*Work required*. Transcribe the data below verbatim from the line with "P (throws e, w)" to the line with "P (throws (logic_error". Include both of those lines.

------------------------------------------------

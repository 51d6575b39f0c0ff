-- ===== src/Bag/Writer/Catalog.antt =====
-- The connections of a writer: their ids are their positions, and no topic has two.
use mrp_robo_baton_4p_no_ros.Base.{
  ℕ, suc, ◌+◌, ◌^◌, ◌<◌, ◌≡◌, refl, sym, ap, ◌∙◌, ◌⊎◌, inl, inr, Bool, true, false, not, ◌||◌, List,
  [], ◌∷◌, ◌++◌, length, length-append, bytes_eq, ◌==◌, arith, if◌then◌else◌,
}
use mrp_robo_baton_4p_no_ros.Base.Errors.{Exception, Result, ok, throws, logic_error}
use mrp_robo_baton_4p_no_ros.Bag.Encode.{to_uint32}
use mrp_robo_baton_4p_no_ros.Bag.Output.{Io, M, ◌>>◌, bind_result, ensure_open}
use mrp_robo_baton_4p_no_ros.Bag.Writer.{Writer, Connection, on_io, throw_when}
use mrp_robo_baton_4p_no_ros.Bag.Writer.Messages.{
  add_connection, has_topic, is_absolute, is_empty, index_reserve_for_connection, new_connection,
  push_connection,
}

abbrev pub HasIdsFrom : ℕ → List Connection → Type 0
HasIdsFrom n [] = Unit {0}
HasIdsFrom n (c ∷ cs) = (c.id ≡ n) × HasIdsFrom (suc n) cs

abbrev pub HasDistinctTopics : List Connection → Type 0
HasDistinctTopics [] = Unit {0}
HasDistinctTopics (c ∷ cs) = (has_topic c.topic cs ≡ false) × HasDistinctTopics cs

pub record IsCatalog (w : Writer) : Type 0 where
  pub ids : HasIdsFrom 0 w.connections
  pub topics : HasDistinctTopics w.connections
  pub reserves : length w.connection_index_reserves ≡ length w.connections

HasIdsFrom-append :
    (n : ℕ) (cs : List Connection) (c : Connection)
    → HasIdsFrom n cs
    → c.id ≡ n + length cs
    → HasIdsFrom n (cs ++ c ∷ [])
HasIdsFrom-append n [] c h e = (omega arith, tt)
HasIdsFrom-append n (b ∷ bs) c (h, hs) e = (h, HasIdsFrom-append (suc n) bs c hs (omega arith))

bytes_eq_sym_false : (xs ys : List ℕ) → bytes_eq xs ys ≡ false → bytes_eq ys xs ≡ false
bytes_eq_sym_false [] [] h = h
bytes_eq_sym_false [] (y ∷ ys) h = refl
bytes_eq_sym_false (x ∷ xs) [] h = refl
bytes_eq_sym_false (x ∷ xs) (y ∷ ys) h = ground (arith, bytes_eq_sym_false xs ys)

has_topic-append :
    (topic : List ℕ) (cs : List Connection) (c : Connection)
    → has_topic topic cs ≡ false
    → bytes_eq c.topic topic ≡ false
    → has_topic topic (cs ++ c ∷ []) ≡ false
has_topic-append topic [] c h e = ground arith
has_topic-append topic (b ∷ bs) c h e = ground (arith, has_topic-append topic bs c)

HasDistinctTopics-append :
    (cs : List Connection) (c : Connection)
    → HasDistinctTopics cs
    → has_topic c.topic cs ≡ false
    → HasDistinctTopics (cs ++ c ∷ [])
HasDistinctTopics-append [] c h e = (refl, tt)
HasDistinctTopics-append (b ∷ bs) c (h, hs) e = (
  has_topic-append b.topic bs c h (bytes_eq_sym_false b.topic c.topic (ground arith)),
  HasDistinctTopics-append bs c hs (ground arith),
)

-- What a guarded step does: it throws and leaves the writer, or the rest runs.
throw_when-elim :
    {A : Type 0} (P : Result A × Writer → Type 0) (b : Bool) (e : Exception) (k : M Writer A)
    (w : Writer)
    → P (throws e, w)
    → (b ≡ false → P (k w))
    → P ((throw_when b e >> k) w)
throw_when-elim P true e k w thrown runs = thrown
throw_when-elim P false e k w thrown runs = runs refl

abbrev open_or_throws : {A : Type 0} → M Writer A → Writer → Bool → Result A × Writer
open_or_throws k w b =
    let r : Result (Unit {0}) × Io =
      if b then (ok tt, w.io) else (throws (logic_error "rosbag writer is not open"), w.io) in
    bind_result r.0 (λ _. k) (record w { io = r.1 })

ensure_open-elim :
    {A : Type 0} (P : Result A × Writer → Type 0) (k : M Writer A) (w : Writer)
    → P (throws (logic_error "rosbag writer is not open"), w)
    → (w.io.is_open ≡ true → P (k w))
    → P ((on_io ensure_open >> k) w)
unfolding ensure_open
ensure_open-elim P k w thrown runs = go w.io.is_open runs
  where
    go : (b : Bool) → (b ≡ true → P (k w)) → P (open_or_throws k w b)
    go true runs = runs refl
    go false runs = thrown

to_uint32-small : (n : ℕ) → n < 2 ^ 32 → to_uint32 n ≡ n
to_uint32-small n h = omega arith

ids_end : (n : ℕ) → n < 2 ^ 32 → to_uint32 n ≡ 0 + n
ids_end n h = omega arith

module _ (topic datatype md5sum message_definition : List ℕ) (w : Writer) where
  abbrev pub connection : Connection
  connection = new_connection topic datatype md5sum message_definition w.connections

  abbrev after : Writer
  after = push_connection connection (index_reserve_for_connection topic datatype) w

  IsCatalog-push :
      IsCatalog w
      → length w.connections < 2 ^ 32
      → has_topic topic w.connections ≡ false
      → IsCatalog after
  IsCatalog-push v h fresh = record {
    ids = HasIdsFrom-append 0 w.connections connection v.ids (ids_end (length w.connections) h);
    topics = HasDistinctTopics-append w.connections connection v.topics fresh;
    reserves =
        length-append w.connection_index_reserves _
        ∙ ap (λ n. n + 1) v.reserves
        ∙ sym (length-append w.connections (connection ∷ []));
  }

  abbrev pub IsMetadata : Type 0
  IsMetadata = (is_absolute topic ≡ true) × (is_empty datatype ≡ false) × (length md5sum ≡ 32)

  -- What an answer of `add_connection` and the state behind it say.
  abbrev pub Answers : Result ℕ × Writer → Type 0
  Answers r =
      ((e : Exception) × (r ≡ (throws e, w)))
      ⊎ ((u : Writer) × (r ≡ (ok (length w.connections), u))
          × IsCatalog u
          × (u.connections ≡ w.connections ++ connection ∷ [])
          × (connection.id ≡ length w.connections)
          × (w.io.is_open ≡ true)
          × (w.chunk_is_open ≡ false)
          × IsMetadata
          × (has_topic topic w.connections ≡ false))

  -- A call of `add_connection` throws and changes nothing, or the writer is open and has no open
  -- chunk, the metadata are well formed and the topic is new: then the connection stands last, its id
  -- is the number of those before it, and the catalog stays sound.
  pub add_connection-IsCatalog :
      IsCatalog w
      → length w.connections < 2 ^ 32
      → Answers (add_connection topic datatype md5sum message_definition w)
  unfolding add_connection
  add_connection-IsCatalog v h = ensure_open-elim Answers _ w (inl (_, refl)) (λ opened.
      throw_when-elim Answers w.chunk_is_open _ _ w (inl (_, refl)) (λ no_chunk.
        throw_when-elim Answers
          (not (is_absolute topic) || is_empty datatype || not (length md5sum == 32)) _ _ w
          (inl (_, refl))
          (λ sound.
            throw_when-elim Answers (has_topic topic w.connections) _ _ w (inl (_, refl)) (λ fresh.
              inr (
                after,
                ap (λ n. (ok n, after)) (to_uint32-small (length w.connections) h),
                IsCatalog-push v h fresh,
                refl,
                to_uint32-small (length w.connections) h,
                opened,
                no_chunk,
                metadata (is_absolute topic) (is_empty datatype) (length md5sum) sound,
                fresh,
              )))))
    where
      metadata :
          (a b : Bool) (n : ℕ)
          → (not a || b || not (n == 32)) ≡ false
          → (a ≡ true) × (b ≡ false) × (n ≡ 32)
      metadata a b n h = ground arith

------------------------------------------------

*Reply*.
    → P (throws e, w)
    → (b ≡ false → P (k w))
    → P ((throw_when b e >> k) w)
throw_when-elim P true e k w thrown runs = thrown
throw_when-elim P false e k w thrown runs = runs refl

abbrev open_or_throws : {A : Type 0} → M Writer A → Writer → Bool → Result A × Writer
open_or_throws k w b =
    let r : Result (Unit {0}) × Io =
      if b then (ok tt, w.io) else (throws (logic_error "rosbag writer is not open"), w.io) in
    bind_result r.0 (λ _. k) (record w { io = r.1 })

ensure_open-elim :
    {A : Type 0} (P : Result A × Writer → Type 0) (k : M Writer A) (w : Writer)
    → P (throws (logic_error "rosbag writer is not open"), w)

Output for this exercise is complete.